» EXERCISE
For this exercise, print all of the entries exactly as given.
::: TASK INPUT :::
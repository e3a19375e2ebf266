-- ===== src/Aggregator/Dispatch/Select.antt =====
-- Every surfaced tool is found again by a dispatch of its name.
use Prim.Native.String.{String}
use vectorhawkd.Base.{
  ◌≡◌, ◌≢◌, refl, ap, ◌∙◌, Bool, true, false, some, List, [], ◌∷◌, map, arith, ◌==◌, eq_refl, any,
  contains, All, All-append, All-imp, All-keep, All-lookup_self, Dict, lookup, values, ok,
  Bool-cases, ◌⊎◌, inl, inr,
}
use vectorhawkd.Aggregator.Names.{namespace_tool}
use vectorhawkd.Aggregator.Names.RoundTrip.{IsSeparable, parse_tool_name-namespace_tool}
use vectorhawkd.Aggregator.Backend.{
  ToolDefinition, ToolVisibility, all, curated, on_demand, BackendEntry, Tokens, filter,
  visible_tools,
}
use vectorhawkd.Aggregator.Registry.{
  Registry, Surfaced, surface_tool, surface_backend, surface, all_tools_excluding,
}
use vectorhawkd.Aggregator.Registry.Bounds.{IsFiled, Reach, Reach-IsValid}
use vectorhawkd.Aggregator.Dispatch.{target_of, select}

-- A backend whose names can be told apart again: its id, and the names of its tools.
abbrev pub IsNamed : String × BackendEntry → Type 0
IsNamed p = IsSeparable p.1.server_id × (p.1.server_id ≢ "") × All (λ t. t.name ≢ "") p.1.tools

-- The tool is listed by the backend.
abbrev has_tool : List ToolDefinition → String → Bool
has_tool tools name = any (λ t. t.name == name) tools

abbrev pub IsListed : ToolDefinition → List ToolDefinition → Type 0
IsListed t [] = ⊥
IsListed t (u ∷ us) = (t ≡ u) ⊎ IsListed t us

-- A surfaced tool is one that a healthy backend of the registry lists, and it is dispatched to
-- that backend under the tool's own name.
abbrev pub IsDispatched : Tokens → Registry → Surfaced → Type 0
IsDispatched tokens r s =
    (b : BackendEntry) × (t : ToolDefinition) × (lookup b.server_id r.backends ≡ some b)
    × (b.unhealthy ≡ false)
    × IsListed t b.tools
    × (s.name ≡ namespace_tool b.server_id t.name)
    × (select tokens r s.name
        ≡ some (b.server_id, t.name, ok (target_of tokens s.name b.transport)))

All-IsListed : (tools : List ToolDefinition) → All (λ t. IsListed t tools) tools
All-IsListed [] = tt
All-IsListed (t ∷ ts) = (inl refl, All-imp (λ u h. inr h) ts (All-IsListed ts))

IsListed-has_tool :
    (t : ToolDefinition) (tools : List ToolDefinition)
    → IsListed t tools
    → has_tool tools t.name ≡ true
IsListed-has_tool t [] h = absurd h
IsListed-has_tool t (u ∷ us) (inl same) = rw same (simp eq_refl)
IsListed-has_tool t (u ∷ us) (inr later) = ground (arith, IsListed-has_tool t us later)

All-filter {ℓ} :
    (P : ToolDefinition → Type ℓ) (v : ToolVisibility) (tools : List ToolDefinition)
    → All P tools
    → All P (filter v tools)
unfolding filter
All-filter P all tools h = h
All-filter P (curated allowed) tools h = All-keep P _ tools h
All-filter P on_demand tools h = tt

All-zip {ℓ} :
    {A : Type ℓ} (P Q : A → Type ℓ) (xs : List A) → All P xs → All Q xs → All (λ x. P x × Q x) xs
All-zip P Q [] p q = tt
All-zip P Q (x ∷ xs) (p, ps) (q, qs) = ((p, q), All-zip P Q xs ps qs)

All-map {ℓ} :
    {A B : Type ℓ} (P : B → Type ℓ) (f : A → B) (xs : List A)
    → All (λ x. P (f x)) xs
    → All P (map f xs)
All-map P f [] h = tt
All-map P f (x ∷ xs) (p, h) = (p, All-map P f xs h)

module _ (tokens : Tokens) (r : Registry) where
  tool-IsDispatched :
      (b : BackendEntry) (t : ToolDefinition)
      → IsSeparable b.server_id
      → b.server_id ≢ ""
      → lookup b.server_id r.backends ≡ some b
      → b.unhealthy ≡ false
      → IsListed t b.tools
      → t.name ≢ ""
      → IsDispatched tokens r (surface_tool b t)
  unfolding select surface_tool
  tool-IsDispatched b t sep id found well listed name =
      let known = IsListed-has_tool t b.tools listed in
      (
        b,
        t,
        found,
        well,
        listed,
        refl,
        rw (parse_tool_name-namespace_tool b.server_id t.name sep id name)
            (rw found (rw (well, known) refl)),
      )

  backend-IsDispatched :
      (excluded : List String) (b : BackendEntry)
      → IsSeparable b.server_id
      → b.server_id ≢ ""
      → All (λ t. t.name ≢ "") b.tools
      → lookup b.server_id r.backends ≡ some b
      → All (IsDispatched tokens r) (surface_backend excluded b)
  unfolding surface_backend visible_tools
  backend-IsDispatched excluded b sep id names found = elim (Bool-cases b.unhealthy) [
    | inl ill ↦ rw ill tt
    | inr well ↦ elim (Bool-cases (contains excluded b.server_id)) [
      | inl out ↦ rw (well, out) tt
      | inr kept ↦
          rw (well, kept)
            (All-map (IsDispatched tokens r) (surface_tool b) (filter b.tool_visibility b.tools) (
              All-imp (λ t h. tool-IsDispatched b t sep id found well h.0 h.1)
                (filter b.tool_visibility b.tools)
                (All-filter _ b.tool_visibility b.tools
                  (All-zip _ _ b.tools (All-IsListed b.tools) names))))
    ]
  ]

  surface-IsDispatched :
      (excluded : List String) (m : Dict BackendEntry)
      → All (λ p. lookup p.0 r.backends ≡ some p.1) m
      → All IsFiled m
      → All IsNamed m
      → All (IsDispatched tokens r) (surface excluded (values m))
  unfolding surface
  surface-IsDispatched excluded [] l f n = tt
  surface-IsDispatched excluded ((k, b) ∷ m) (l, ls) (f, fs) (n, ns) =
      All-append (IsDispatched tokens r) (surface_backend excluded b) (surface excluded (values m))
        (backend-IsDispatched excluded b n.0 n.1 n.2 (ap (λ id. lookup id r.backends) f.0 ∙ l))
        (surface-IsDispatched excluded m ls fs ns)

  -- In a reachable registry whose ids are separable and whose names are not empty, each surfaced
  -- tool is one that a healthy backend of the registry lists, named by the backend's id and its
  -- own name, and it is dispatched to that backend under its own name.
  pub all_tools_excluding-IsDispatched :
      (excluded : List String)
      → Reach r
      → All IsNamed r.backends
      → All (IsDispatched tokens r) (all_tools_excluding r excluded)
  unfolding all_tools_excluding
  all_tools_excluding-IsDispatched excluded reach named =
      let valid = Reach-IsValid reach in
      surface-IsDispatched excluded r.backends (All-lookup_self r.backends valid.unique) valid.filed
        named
:::
» RESULT
repository e3a19375e2ebf266
-- ===== src/Aggregator/Dispatch/Select.antt =====
-- Every surfaced tool is found again by a dispatch of its name.
use Prim.Native.String.{String}
use vectorhawkd.Base.{
  ◌≡◌, ◌≢◌, refl, ap, ◌∙◌, Bool, true, false, some, List, [], ◌∷◌, map, arith, ◌==◌, eq_refl, any,
  contains, All, All-append, All-imp, All-keep, All-lookup_self, Dict, lookup, values, ok,
  Bool-cases, ◌⊎◌, inl, inr,
}
use vectorhawkd.Aggregator.Names.{namespace_tool}
use vectorhawkd.Aggregator.Names.RoundTrip.{IsSeparable, parse_tool_name-namespace_tool}
use vectorhawkd.Aggregator.Backend.{
  ToolDefinition, ToolVisibility, all, curated, on_demand, BackendEntry, Tokens, filter,
  visible_tools,
}
use vectorhawkd.Aggregator.Registry.{
  Registry, Surfaced, surface_tool, surface_backend, surface, all_tools_excluding,
}
use vectorhawkd.Aggregator.Registry.Bounds.{IsFiled, Reach, Reach-IsValid}
use vectorhawkd.Aggregator.Dispatch.{target_of, select}

-- A backend whose names can be told apart again: its id, and the names of its tools.
abbrev pub IsNamed : String × BackendEntry → Type 0
IsNamed p = IsSeparable p.1.server_id × (p.1.server_id ≢ "") × All (λ t. t.name ≢ "") p.1.tools

-- The tool is listed by the backend.
abbrev has_tool : List ToolDefinition → String → Bool
has_tool tools name = any (λ t. t.name == name) tools

abbrev pub IsListed : ToolDefinition → List ToolDefinition → Type 0
IsListed t [] = ⊥
IsListed t (u ∷ us) = (t ≡ u) ⊎ IsListed t us

-- A surfaced tool is one that a healthy backend of the registry lists, and it is dispatched to
-- that backend under the tool's own name.
abbrev pub IsDispatched : Tokens → Registry → Surfaced → Type 0
IsDispatched tokens r s =
    (b : BackendEntry) × (t : ToolDefinition) × (lookup b.server_id r.backends ≡ some b)
    × (b.unhealthy ≡ false)
    × IsListed t b.tools
    × (s.name ≡ namespace_tool b.server_id t.name)
    × (select tokens r s.name
        ≡ some (b.server_id, t.name, ok (target_of tokens s.name b.transport)))

All-IsListed : (tools : List ToolDefinition) → All (λ t. IsListed t tools) tools
All-IsListed [] = tt
All-IsListed (t ∷ ts) = (inl refl, All-imp (λ u h. inr h) ts (All-IsListed ts))

IsListed-has_tool :
    (t : ToolDefinition) (tools : List ToolDefinition)
    → IsListed t tools
    → has_tool tools t.name ≡ true
IsListed-has_tool t [] h = absurd h
IsListed-has_tool t (u ∷ us) (inl same) = rw same (simp eq_refl)
IsListed-has_tool t (u ∷ us) (inr later) = ground (arith, IsListed-has_tool t us later)

All-filter {ℓ} :
    (P : ToolDefinition → Type ℓ) (v : ToolVisibility) (tools : List ToolDefinition)
    → All P tools
    → All P (filter v tools)
unfolding filter
All-filter P all tools h = h
All-filter P (curated allowed) tools h = All-keep P _ tools h
All-filter P on_demand tools h = tt

All-zip {ℓ} :
    {A : Type ℓ} (P Q : A → Type ℓ) (xs : List A) → All P xs → All Q xs → All (λ x. P x × Q x) xs
All-zip P Q [] p q = tt
All-zip P Q (x ∷ xs) (p, ps) (q, qs) = ((p, q), All-zip P Q xs ps qs)

All-map {ℓ} :
    {A B : Type ℓ} (P : B → Type ℓ) (f : A → B) (xs : List A)
    → All (λ x. P (f x)) xs
    → All P (map f xs)
All-map P f [] h = tt
All-map P f (x ∷ xs) (p, h) = (p, All-map P f xs h)

module _ (tokens : Tokens) (r : Registry) where
  tool-IsDispatched :
      (b : BackendEntry) (t : ToolDefinition)
      → IsSeparable b.server_id
      → b.server_id ≢ ""
      → lookup b.server_id r.backends ≡ some b
      → b.unhealthy ≡ false
      → IsListed t b.tools
      → t.name ≢ ""
      → IsDispatched tokens r (surface_tool b t)
  unfolding select surface_tool
  tool-IsDispatched b t sep id found well listed name =
      let known = IsListed-has_tool t b.tools listed in
      (
        b,
        t,
        found,
        well,
        listed,
        refl,
        rw (parse_tool_name-namespace_tool b.server_id t.name sep id name)
            (rw found (rw (well, known) refl)),
      )

  backend-IsDispatched :
      (excluded : List String) (b : BackendEntry)
      → IsSeparable b.server_id
      → b.server_id ≢ ""
      → All (λ t. t.name ≢ "") b.tools
      → lookup b.server_id r.backends ≡ some b
      → All (IsDispatched tokens r) (surface_backend excluded b)
  unfolding surface_backend visible_tools
  backend-IsDispatched excluded b sep id names found = elim (Bool-cases b.unhealthy) [
    | inl ill ↦ rw ill tt
    | inr well ↦ elim (Bool-cases (contains excluded b.server_id)) [
      | inl out ↦ rw (well, out) tt
      | inr kept ↦
          rw (well, kept)
            (All-map (IsDispatched tokens r) (surface_tool b) (filter b.tool_visibility b.tools) (
              All-imp (λ t h. tool-IsDispatched b t sep id found well h.0 h.1)
                (filter b.tool_visibility b.tools)
                (All-filter _ b.tool_visibility b.tools
                  (All-zip _ _ b.tools (All-IsListed b.tools) names))))
    ]
  ]

  surface-IsDispatched :
      (excluded : List String) (m : Dict BackendEntry)
      → All (λ p. lookup p.0 r.backends ≡ some p.1) m
      → All IsFiled m
      → All IsNamed m
      → All (IsDispatched tokens r) (surface excluded (values m))
  unfolding surface
  surface-IsDispatched excluded [] l f n = tt
  surface-IsDispatched excluded ((k, b) ∷ m) (l, ls) (f, fs) (n, ns) =
      All-append (IsDispatched tokens r) (surface_backend excluded b) (surface excluded (values m))
        (backend-IsDispatched excluded b n.0 n.1 n.2 (ap (λ id. lookup id r.backends) f.0 ∙ l))
        (surface-IsDispatched excluded m ls fs ns)

  -- In a reachable registry whose ids are separable and whose names are not empty, each surfaced
  -- tool is one that a healthy backend of the registry lists, named by the backend's id and its
  -- own name, and it is dispatched to that backend under its own name.
  pub all_tools_excluding-IsDispatched :
      (excluded : List String)
      → Reach r
      → All IsNamed r.backends
      → All (IsDispatched tokens r) (all_tools_excluding r excluded)
  unfolding all_tools_excluding
  all_tools_excluding-IsDispatched excluded reach named =
      let valid = Reach-IsValid reach in
      surface-IsDispatched excluded r.backends (All-lookup_self r.backends valid.unique) valid.filed
        named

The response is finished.